Why Power Failures Can Always Lead To Data Loss
bigsmoke writes "So, all your servers run on RAID. You back up religiously. You're even sure that your backups are recoverable. But do you also need a UPS? According to Halfgaar (on Slashdot before to promote better Linux backup practices), yes, usually you do. He argues that despite technological advancements such as file system journaling, power failures can still cause data loss in most setups."
Power losses can cause data loss? Gee, you mean that my system that relies on electricity for everything it does can be adversely effected by power outages even if I take precautions? That's some good admin work there, Lou -- if only there was some sort of law that covered the tendency of things that can go wrong to go wrong...
Next week: Fires can make things warm, floods can make things wet.
Every year during my review, I just pray the words "slashdot.org" aren't mentioned.
I remember a discussion on the PostgreSQL hacker's list about recoverability and transaction logs.
You can't make a system that will not lose data, you can only make a system that knows the last save point of 100% integrity.

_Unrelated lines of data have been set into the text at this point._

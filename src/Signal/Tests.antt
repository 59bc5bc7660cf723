-- ===== src/Signal/Tests.antt =====
-- Signals sent to the processes of a small table, and delivered.
use hobbyos.Base.{◌+◌, ◌≡◌, ◌^◌, refl, true, false, some, [], ◌∷◌, arith, set, find_from}
use hobbyos.Process.{Process, ProcessState, Kernel, set_proc, zero_process}
use hobbyos.Sched.Sample.{waiting}
use hobbyos.ProcessTable.{process_get_by_pid}
use hobbyos.Signal.{
  InterruptFrame, Action, act, save_frame, sys_sigreturn, signal_check, check_at, signal_loop,
  action_of,
}
use hobbyos.Signal.{sys_kill, kill_at}
use hobbyos.Signal.Deliver.{Delivers, signal_check-Delivers}
use hobbyos.Signal.Send.{sigreturn_restores}

abbrev user_frame : InterruptFrame
user_frame = record {
  r15 = 15;
  r14 = 14;
  r13 = 13;
  r12 = 12;
  r11 = 11;
  r10 = 10;
  r9 = 9;
  r8 = 8;
  rbp = 0x7000;
  rdi = 1;
  rsi = 2;
  rdx = 3;
  rcx = 4;
  rbx = 5;
  rax = 6;
  int_no = 32;
  err_code = 0;
  rip = 0x400100;
  cs = 0x23;
  rflags = 0x202;
  rsp = 0x7ff0;
  ss = 0x1b;
}

-- Process 0 ignores SIGTERM, handles signal 20 and has both pending.
abbrev catching : Kernel
unfolding zero_process
catching = record waiting {
  table =
      record zero_process {
        pid = 1;
        state = ProcessState.running;
        is_user = true;
        sig_handlers = set (set zero_process.sig_handlers 15 1) 20 0x401000;
        sig_pending = 2 ^ 15 + 2 ^ 20 + 2 ^ 30;
      }
      ∷ [];
}

handler_runs : signal_check (some 0) user_frame catching ≡ (
  record user_frame { rip = 0x401000; rdi = 20; rsp = 0x7fe8 },
  set_proc 0 (λ (p : Process). record (save_frame user_frame p) { sig_pending = 2 ^ 30 }) catching,
)
unfolding signal_check check_at signal_loop action_of act zero_process
handler_runs = refl

signal_check-Delivers_example :
    Delivers 0 user_frame catching
      (2 ^ 15 + 2 ^ 20 + 2 ^ 30)
      1
      (signal_check (some 0) user_frame catching)
unfolding zero_process
signal_check-Delivers_example = signal_check-Delivers 0 user_frame catching (omega arith) refl refl

sigreturn_restores_example :
    (let (entered, k1) =
        act 0 20 (Action.call 0x401000) (user_frame, catching) user_frame catching in
      (entered.rip ≡ 0x401000)
      × (entered.rdi ≡ 20)
      × (sys_sigreturn 0 (record user_frame { rcx = 99; rax = 15 }) k1 ≡ (
        record user_frame { rcx = 99 },
        set_proc 0 (λ p. record (save_frame user_frame p) { in_signal_handler = false }) catching,
      )))
unfolding zero_process
sigreturn_restores_example =
    sigreturn_restores 0 20 0x401000 (user_frame, catching) user_frame
      (record user_frame { rcx = 99; rax = 15 }) catching (omega arith)

-- A kill of a process that is not there fails.
kill_nobody : (sys_kill 77 15 user_frame waiting).0.rax ≡ 0xFFFFFFFFFFFFFFFF
unfolding sys_kill kill_at process_get_by_pid find_from zero_process
kill_nobody = refl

There are too many variables and too much randomness on a cold hard power failure. You absolutely need a UPS that gives you time to shut down cleanly.
is a weak spot in the design of most computers.
Computer power supplies should be built with enough spare capacitance to run things long enough for the computer to save critical data, and operating systems and critical apps should be able to handle an emergency shutdown and save critical data in very short order.
This is old hat in embedded systems.
"Prefiero morir de pie que vivir siempre arrodillado!"
The funny part is someone had to have thought they were safe without a UPS for this to become news.
Wanna fight ? Bend over, stick your head up your ass, and fight for air.
In my company, everything is behind UPSs. Our SAN is even behind 2 separate UPSs. We thought everything was configured properly, but you'd be surprised what comes to roost when you test everything.
We recently had a test night where all we did was test the UPS system and shutdown procedures, and there was a couple gotchas. Interestingly, by default the APC powerchute app we were using defaulted to shutting down the UPS completely after the [first] server went down - not good. This was buried fairly deeply in the configuration.
Equally important to any protection measure, be it RAID, Power Protection, whatever - is testing!
I really can't understand people who don't have a UPS. Don't you care about your data? At all? The UPS is not very expensive (My BackUPS 900 is very nice and only $100), and will last a long time (you just replace the batteries now and then). Once you are on UPS, you can stop worrying about any power issues, journalling file systems, crash recovery, and all that. The computer will never fail due to power. If you run Linux, it will also never fail due to the OS. If you are a normal user, that means your computer will never fail, period. Seriously, there is no excuse for not having a UPS. Go and get one right now!
WTF is wrong with your power installations, guys? Flickering lights, brownouts whenever the printer warms up, voltage spikes every day? Is your electricity produced by hamsters in wheels and delivered through bell wire? Perhaps you should stop sprinkling the place with UPSs and pay someone to redo your electrical installation instead.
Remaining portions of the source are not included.